Я ем пирог и запиваю его компотом. Руки не держат чашку, сладковатые капли с подбородка стекают по шее на грудь. Он обнимает меня за плечи, я чувствую его спиной, у него горячая кожа. Мне нравится быть человеком, но за стеной вдруг раздаются голоса, я роняю пустую чашку и снова становлюсь простыней.
Он откидывает одеяло. По мне пробегает волна прохладного воздуха. Он проводит по мне рукой, и прохлада сменяется ласковым теплом. За рукой следуют губы, они скользят по мне, так нежно - останавливаются, движутся дальше, и я чувствую, как что-то остро и сладко замирает во мне.

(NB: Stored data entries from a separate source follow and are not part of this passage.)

-- ===== src/Tree.antt =====
-- exos/kernel/tree.c: the tree of named nodes, and paths in it.
-- A node is a number; a name or a path is the list of its bytes, without the NUL that ends it. The locks
-- and the node types of a DEBUG build are left out, and each node has a name; a failed ASSERT and a panic are `none`. The loop over
-- the parts of a path takes fuel; the length of the path is enough.
pub mod Paths
pub mod Tests
use ex_os.Base.{
  ℕ, zero, suc, ◌+◌, Bool, true, false, not, ◌&&◌, ◌||◌, Option, none, some, List, [], ◌∷◌, ◌++◌,
  leb, ◌==◌, if◌then◌else◌, length,
}
use ex_os.LinkedList.Loops.{has}
use ex_os.Thread.{write_at}

-- `exos_tree_node_t` and `exos_tree_group_t`, by their nodes
pub record Tree : Type 0 where
  pub is_group : ℕ → Bool
  pub names : ℕ → List ℕ
  pub children : ℕ → List ℕ
  pub parents : ℕ → ℕ

abbrev pub root : ℕ
root = 0

abbrev pub dev : ℕ
dev = 1

abbrev pub mnt : ℕ
mnt = 2

-- `exos_tree_add_child`
pub add_child : Tree → ℕ → ℕ → Option Tree
add_child t group child =
    if not (t.is_group group) || has child (t.children group)
    then none
    else some (record t {
      children = write_at t.children group (t.children group ++ (child ∷ []));
      parents = write_at t.parents child group;
    })

-- `__tree_initialize`, of a tree with the three groups
pub initialize : Tree → Option Tree
initialize t =
    let cleared = record t {
      children = write_at (write_at (write_at t.children root []) dev []) mnt [];
    } in
    elim (add_child cleared root dev) [ none ↦ none | some t' ↦ add_child t' root mnt ]

-- The end of `_name_eq`: what follows the name in the path
unfoldable pub name_end : List ℕ → Option (List ℕ)
name_end [] = some []
name_end (c ∷ path) = if c == b'/' then some path else none

-- `_name_eq`: what is left of the path, if it begins with the name
unfoldable pub name_eq : List ℕ → List ℕ → Option (List ℕ)
name_eq path [] = name_end path
name_eq [] (c ∷ name) = none
name_eq (d ∷ path) (c ∷ name) = let rest = name_eq path name in if c == d then rest else none

-- The loop over the children of a group
unfoldable pub find_child : (ℕ → List ℕ) → List ℕ → List ℕ → Option (ℕ × List ℕ)
find_child names path [] = none
find_child names path (c ∷ cs) = elim (name_eq path (names c)) [
  | none ↦ find_child names path cs
  | some rest ↦ some (c, rest)
]

-- The child that the loop of `exos_tree_parse_path` goes on with, if there is one
abbrev pub next_child : Tree → ℕ → List ℕ → Option (ℕ × List ℕ)
next_child t found path =
    if t.is_group found then find_child t.names path (t.children found) else none

-- The loop of `exos_tree_parse_path`: the node, and what is left of the path
unfoldable pub walk : ℕ → Tree → ℕ → List ℕ → Option (ℕ × List ℕ)
walk fuel t found [] = some (found, [])
walk zero t found (c ∷ path) = none
walk (suc fuel) t found (c ∷ path) = elim (next_child t found (c ∷ path)) [
  | none ↦ some (found, c ∷ path)
  | some (child, rest) ↦ walk fuel t child rest
]

abbrev pub or_root : Option ℕ → ℕ
or_root none = root
or_root (some parent) = parent

-- Where a path starts.
unfoldable pub start : Option ℕ → List ℕ → ℕ × List ℕ
start parent [] = (or_root parent, [])
start parent (c ∷ path) = if c == b'/' then (root, path) else (or_root parent, c ∷ path)

-- `exos_tree_parse_path`
pub parse_path : Tree → Option ℕ → List ℕ → Option (ℕ × List ℕ)
parse_path t parent path = let (from, sub) = start parent path in walk (length sub) t from sub

abbrev pub keep_group : Tree → Option (ℕ × List ℕ) → Option ℕ
keep_group t none = none
keep_group t (some (node, rest)) = if t.is_group node then some node else none

abbrev pub keep_other : Tree → Option (ℕ × List ℕ) → Option ℕ
keep_other t none = none
keep_other t (some (node, rest)) = if t.is_group node then none else some node

-- `exos_tree_find_group`: the group or NULL. A path that is NULL gives `parent`, which may be NULL.
pub find_group : Tree → Option ℕ → Option (List ℕ) → Option ℕ
find_group t parent none = parent
find_group t parent (some path) = keep_group t (parse_path t parent path)

-- `exos_tree_find_path`: a node that is no group, or NULL
pub find_path : Tree → Option ℕ → List ℕ → Option ℕ
find_path t parent path = keep_other t (parse_path t parent path)

abbrev pub done : Option Tree → Option (Bool × Tree)
done none = none
done (some t) = some (true, t)

-- `exos_tree_add_child_path`
pub add_child_path : Tree → ℕ → Option (List ℕ) → Option (Bool × Tree)
add_child_path t child parent_path = elim (find_group t none parent_path) [
  | none ↦ some (false, t)
  | some parent ↦ done (add_child t parent child)
]

-- `exos_tree_add_group`
pub add_group : Tree → ℕ → Option (List ℕ) → Option (Bool × Tree)
add_group t group parent_path =
    add_child_path
      (record t {
        is_group = write_at t.is_group group true;
        children = write_at t.children group [];
      })
      group parent_path

abbrev pub is_name_char : ℕ → Bool
is_name_char c =
    (leb b'0' c && leb c b'9')
    || (leb b'A' c && leb c b'Z')
    || (leb b'a' c && leb c b'z')
    || (c == b'_')

-- The loop of `exos_tree_valid_name`, and what it returns
unfoldable pub name_length : List ℕ → ℕ → ℕ
name_length [] n = n
name_length (c ∷ name) n = let rest = name_length name (n + 1) in if is_name_char c then rest else 0

-- `exos_tree_valid_name`: the length, or 0 of a name that is not valid
pub valid_name : List ℕ → ℕ
valid_name name = name_length name 0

- Солнышко мое пушистое...
Мы сливаемся в единое целое, и мне уже все равно, кто я: простыня, человек, комната, солнце, ветер... Меня уже нет, его тоже нет, есть только МЫ и это упоительное счастье. Оно нарастает, обволакивает, затягивает, становится невыносимым - и вдруг взрывается, рассыпаясь золотыми искрами.
- Солнышко мое...
Он целует мои губы, нос, подбородок, зарывается лицом в волосы где-то над ухом, он улыбается, закрыв глаза. Мне так хорошо. Он спит, обняв меня, и моя голова лежит у него на груди. Мне тоже хочется спать, и на грани сна я думаю: может быть, я и правда не простыня? Может быть, я - человек?